Material shown START

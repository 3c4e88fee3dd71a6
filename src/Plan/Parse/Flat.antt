-- ===== src/Plan/Parse/Flat.antt =====
-- The nested walk over headings in internal/plan/parse.go, against one pass over the blocks.
use radioactive_ralph.Prelude.{
  ℕ, suc, ◌≡◌, refl, ap, ◌∙◌, String, Bool, true, Option, List, [], ◌∷◌, ◌++◌, map, if◌then◌else◌,
  leb,
}
use radioactive_ralph.Plan.{
  Group, group, Groups, nil, cons, Step, Plan, no_groups, step_refs, walk_groups, walk_group,
  StepRef,
}
use radioactive_ralph.Plan.Json.{Json}
use radioactive_ralph.Plan.Parse.{
  Block, heading, list, paragraph, other, Parsed, ok, ◌>>=◌, parse_leaf_section,
}

-- Whether the section of a heading of this level has no heading inside: the next one closes it.
abbrev pub is_leaf : ℕ → List Block → Bool
is_leaf level [] = true
is_leaf level (heading l t ∷ bs) = leb l level
is_leaf level (list o is ∷ bs) = is_leaf level bs
is_leaf level (paragraph t ∷ bs) = is_leaf level bs
is_leaf level (other ∷ bs) = is_leaf level bs

abbrev pub until_heading : List Block → List Block
until_heading [] = []
until_heading (heading l t ∷ bs) = []
until_heading (list o is ∷ bs) = list o is ∷ until_heading bs
until_heading (paragraph t ∷ bs) = paragraph t ∷ until_heading bs
until_heading (other ∷ bs) = other ∷ until_heading bs

infixr 6 ◌then_steps◌
abbrev pub ◌then_steps◌ : Parsed (List Step) → Parsed (List Step) → Parsed (List Step)
m then_steps n = m >>= λ a. n >>= λ b. ok (a ++ b)

module _ (read : String → Option (List Json)) where
  abbrev pub section_steps : List Block → Parsed (List Step)
  section_steps bs = parse_leaf_section read bs >>= λ l. ok l.0

  -- One pass: the steps of every heading that the next heading closes.
  unfoldable pub leaf_steps : List Block → Parsed (List Step)
  leaf_steps [] = ok []
  leaf_steps (heading l t ∷ bs) =
      (if is_leaf l bs then section_steps (until_heading bs) else ok []) then_steps leaf_steps bs
  leaf_steps (list o is ∷ bs) = leaf_steps bs
  leaf_steps (paragraph t ∷ bs) = leaf_steps bs
  leaf_steps (other ∷ bs) = leaf_steps bs

unfoldable mutual
  pub flatten : Groups → List Step
  flatten nil = []
  flatten (cons g gs) = flatten_group g ++ flatten gs

  pub flatten_group : Group → List Step
  flatten_group (group text level parallel steps subs) =
      let inner = flatten subs in if no_groups subs then steps else inner

-- The steps that `walkGroups` visits.
abbrev pub steps_in : Plan → List Step
steps_in p = map (λ x. x.1) (walk_groups p [] 0)

step_refs-steps :
    (path : List ℕ) (j : ℕ) (ss : List Step) → map (λ x. x.1) (step_refs path j ss) ≡ ss
step_refs-steps path j [] = refl
step_refs-steps path j (s ∷ ss) = ap (λ t. s ∷ t) (step_refs-steps path (suc j) ss)

map_append {ℓ κ} :
    {A : Type ℓ} {B : Type κ} (f : A → B) (xs ys : List A) → map f (xs ++ ys) ≡ map f xs ++ map f ys
map_append f [] ys = refl
map_append f (x ∷ xs) ys = ap (λ t. f x ∷ t) (map_append f xs ys)

mutual
  unfolding walk_groups flatten

  pub walk_groups-flatten :
      (gs : Groups) (path : List ℕ) (i : ℕ) → map (λ x. x.1) (walk_groups gs path i) ≡ flatten gs
  walk_groups-flatten nil path i = refl
  walk_groups-flatten (cons g gs) path i =
      map_append (λ (x : StepRef × Step). x.1) (walk_group g (path ++ i ∷ []))
        (walk_groups gs path (suc i))
      ∙ ap (λ a. a ++ map (λ x. x.1) (walk_groups gs path (suc i)))
          (walk_group-flatten g (path ++ i ∷ []))
      ∙ ap (λ b. flatten_group g ++ b) (walk_groups-flatten gs path (suc i))

  walk_group-flatten :
      (g : Group) (path : List ℕ) → map (λ x. x.1) (walk_group g path) ≡ flatten_group g
  walk_group-flatten (group text level parallel steps nil) path = step_refs-steps path 0 steps
  walk_group-flatten (group text level parallel steps (cons g gs)) path =
      walk_groups-flatten (cons g gs) path 0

Material shown END

● Task: Copy out precisely the lines from the line with "abbrev pub is_leaf : ℕ → List Block → Bool" to the line with "section_steps bs = parse_leaf_section" in the material above, including those two lines and omitting all the rest.

● Solved exercise:
abbrev pub is_leaf : ℕ → List Block → Bool
is_leaf level [] = true
is_leaf level (heading l t ∷ bs) = leb l level
is_leaf level (list o is ∷ bs) = is_leaf level bs
is_leaf level (paragraph t ∷ bs) = is_leaf level bs
is_leaf level (other ∷ bs) = is_leaf level bs

abbrev pub until_heading : List Block → List Block
until_heading [] = []
until_heading (heading l t ∷ bs) = []
until_heading (list o is ∷ bs) = list o is ∷ until_heading bs
until_heading (paragraph t ∷ bs) = paragraph t ∷ until_heading bs
until_heading (other ∷ bs) = other ∷ until_heading bs

infixr 6 ◌then_steps◌
abbrev pub ◌then_steps◌ : Parsed (List Step) → Parsed (List Step) → Parsed (List Step)
m then_steps n = m >>= λ a. n >>= λ b. ok (a ++ b)

module _ (read : String → Option (List Json)) where
  abbrev pub section_steps : List Block → Parsed (List Step)
  section_steps bs = parse_leaf_section read bs >>= λ l. ok l.0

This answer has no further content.